▸ PROBLEM STATEMENT:
In the records below, find the line holding "abbrev pub Registered : Type 0" and the line holding "rest).1 ≡ some e". Set down both, with every line between them, exactly.

[Entries taken from a collection]
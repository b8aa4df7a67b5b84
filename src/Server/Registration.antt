-- ===== src/Server/Registration.antt =====
-- pkg/server/registration.go: RegistererSlice, over servers known by the handlers registered there. A
-- registerer registers and deregisters one handler, known by a number; `error` is what registering it
-- returns.
use psrpc.Base.{
  ℕ, ◌≡◌, refl, sym, ◌∙◌, ap, Bool, true, false, ◌||◌, List, [], ◌∷◌, ◌++◌, Option, none, some,
  if◌then◌else◌, nat_beq, nat_beq_iff, All, arith, Bool-cases, inl, inr,
}

pub record Registerer (E : Type 0) : Type 0 where
  pub handler : ℕ
  pub error : Option E

-- Which handlers a server has.
abbrev pub Registered : Type 0
Registered = ℕ → Bool

unfoldable pub put : Registered → ℕ → Bool → Registered
put s h b = λ k. if nat_beq h k then b else s k

module _ {E : Type 0} where
  unfoldable pub deregister : List (Registerer E) → Registered → Registered
  unfolding put
  deregister [] s = s
  deregister (r ∷ rs) s = deregister rs (put s r.handler false)

  unfoldable pub tried : Option E → Registered → Registered × Option E → Registered × Option E
  tried (some e) undone rest = (undone, some e)
  tried none undone rest = rest

  -- The loop of Register: `front` is `rs[:i]`.
  unfoldable pub register_from :
      List (Registerer E) → List (Registerer E) → Registered → Registered × Option E
  unfolding deregister put tried
  register_from front [] s = (s, none)
  register_from front (r ∷ rs) s =
      tried r.error (deregister front s) (register_from (front ++ r ∷ []) rs (put s r.handler true))

  unfoldable pub register : List (Registerer E) → Registered → Registered × Option E
  unfolding register_from
  register rs s = register_from [] rs s

  among : List (Registerer E) → ℕ → Bool
  among [] k = false
  among (r ∷ rs) k = nat_beq r.handler k || among rs k

  deregister_lem :
      (rs : List (Registerer E)) (s : Registered) (k : ℕ)
      → deregister rs s k ≡ (if among rs k then false else s k)
  unfolding deregister put among
  deregister_lem [] s k = refl
  deregister_lem (r ∷ rs) s k = ground (arith, deregister_lem rs (put s r.handler false) k)

  among-append :
      (rs qs : List (Registerer E)) (k : ℕ) → among (rs ++ qs) k ≡ (among rs k || among qs k)
  unfolding among
  among-append [] qs k = refl
  among-append (r ∷ rs) qs k = ground (arith, among-append rs qs k)

  tried_lem :
      (o : Option E) (undone : Registered) (rest : Registered × Option E) (e : E) (k : ℕ) (b : Bool)
      → undone k ≡ b
      → (rest.1 ≡ some e → rest.0 k ≡ b)
      → (tried o undone rest).1 ≡ some e
      → (tried o undone rest).0 k ≡ b
  unfolding tried
  tried_lem (some x) undone rest e k b u h f = u
  tried_lem none undone rest e k b u h f = h f

  -- With one more handler in front, which was registered.
  put_lem :
      (front : List (Registerer E)) (r : Registerer E) (s₀ s : Registered) (j : ℕ)
      → s₀ r.handler ≡ false
      → (if among front j then false else s j) ≡ s₀ j
      → (if among (front ++ r ∷ []) j then false else put s r.handler true j) ≡ s₀ j
  unfolding put
  put_lem front r s₀ s j n h = elim (Bool-cases (nat_beq r.handler j)) [
    | inl e ↦
        let same : s₀ j ≡ false = ap s₀ (sym ((nat_beq_iff r.handler j).0 e)) ∙ n in
        rw (among-append front (r ∷ []) j) (unfold among in rw e (ground (arith, same)))
    | inr e ↦ rw (among-append front (r ∷ []) j) (unfold among in rw e (ground (arith, h)))
  ]

  -- What is registered but for the handlers in front is as it was.
  register_from-undone :
      (front rs : List (Registerer E)) (s₀ s : Registered) (e : E) (k : ℕ)
      → All (λ r. s₀ r.handler ≡ false) rs
      → ((j : ℕ) → (if among front j then false else s j) ≡ s₀ j)
      → (register_from front rs s).1 ≡ some e
      → (register_from front rs s).0 k ≡ s₀ k
  unfolding register_from
  register_from-undone front [] s₀ s e k new h f = cc
  register_from-undone front (r ∷ rs) s₀ s e k new h f =
      tried_lem r.error (deregister front s)
        (register_from (front ++ r ∷ []) rs (put s r.handler true)) e k (s₀ k)
        (deregister_lem front s k ∙ h k)
        (register_from-undone (front ++ r ∷ []) rs s₀ (put s r.handler true) e k new.1
          (λ j. put_lem front r s₀ s j new.0 (h j)))
        f

  -- All or nothing: if a registration fails, exactly the handlers that the server had before are
  -- registered afterwards, if it had none of those to be registered.
  pub failed_register_undone :
      (rs : List (Registerer E)) (s : Registered) (e : E) (k : ℕ)
      → All (λ r. s r.handler ≡ false) rs
      → (register rs s).1 ≡ some e
      → (register rs s).0 k ≡ s k
  unfolding register among
  failed_register_undone rs s e k new f = register_from-undone [] rs s s e k new (λ j. refl) f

▸ TASK RESULT:
abbrev pub Registered : Type 0
Registered = ℕ → Bool

unfoldable pub put : Registered → ℕ → Bool → Registered
put s h b = λ k. if nat_beq h k then b else s k

module _ {E : Type 0} where
  unfoldable pub deregister : List (Registerer E) → Registered → Registered
  unfolding put
  deregister [] s = s
  deregister (r ∷ rs) s = deregister rs (put s r.handler false)

  unfoldable pub tried : Option E → Registered → Registered × Option E → Registered × Option E
  tried (some e) undone rest = (undone, some e)
  tried none undone rest = rest

  -- The loop of Register: `front` is `rs[:i]`.
  unfoldable pub register_from :
      List (Registerer E) → List (Registerer E) → Registered → Registered × Option E
  unfolding deregister put tried
  register_from front [] s = (s, none)
  register_from front (r ∷ rs) s =
      tried r.error (deregister front s) (register_from (front ++ r ∷ []) rs (put s r.handler true))

  unfoldable pub register : List (Registerer E) → Registered → Registered × Option E
  unfolding register_from
  register rs s = register_from [] rs s

  among : List (Registerer E) → ℕ → Bool
  among [] k = false
  among (r ∷ rs) k = nat_beq r.handler k || among rs k

  deregister_lem :
      (rs : List (Registerer E)) (s : Registered) (k : ℕ)
      → deregister rs s k ≡ (if among rs k then false else s k)
  unfolding deregister put among
  deregister_lem [] s k = refl
  deregister_lem (r ∷ rs) s k = ground (arith, deregister_lem rs (put s r.handler false) k)

  among-append :
      (rs qs : List (Registerer E)) (k : ℕ) → among (rs ++ qs) k ≡ (among rs k || among qs k)
  unfolding among
  among-append [] qs k = refl
  among-append (r ∷ rs) qs k = ground (arith, among-append rs qs k)

  tried_lem :
      (o : Option E) (undone : Registered) (rest : Registered × Option E) (e : E) (k : ℕ) (b : Bool)
      → undone k ≡ b
      → (rest.1 ≡ some e → rest.0 k ≡ b)
      → (tried o undone rest).1 ≡ some e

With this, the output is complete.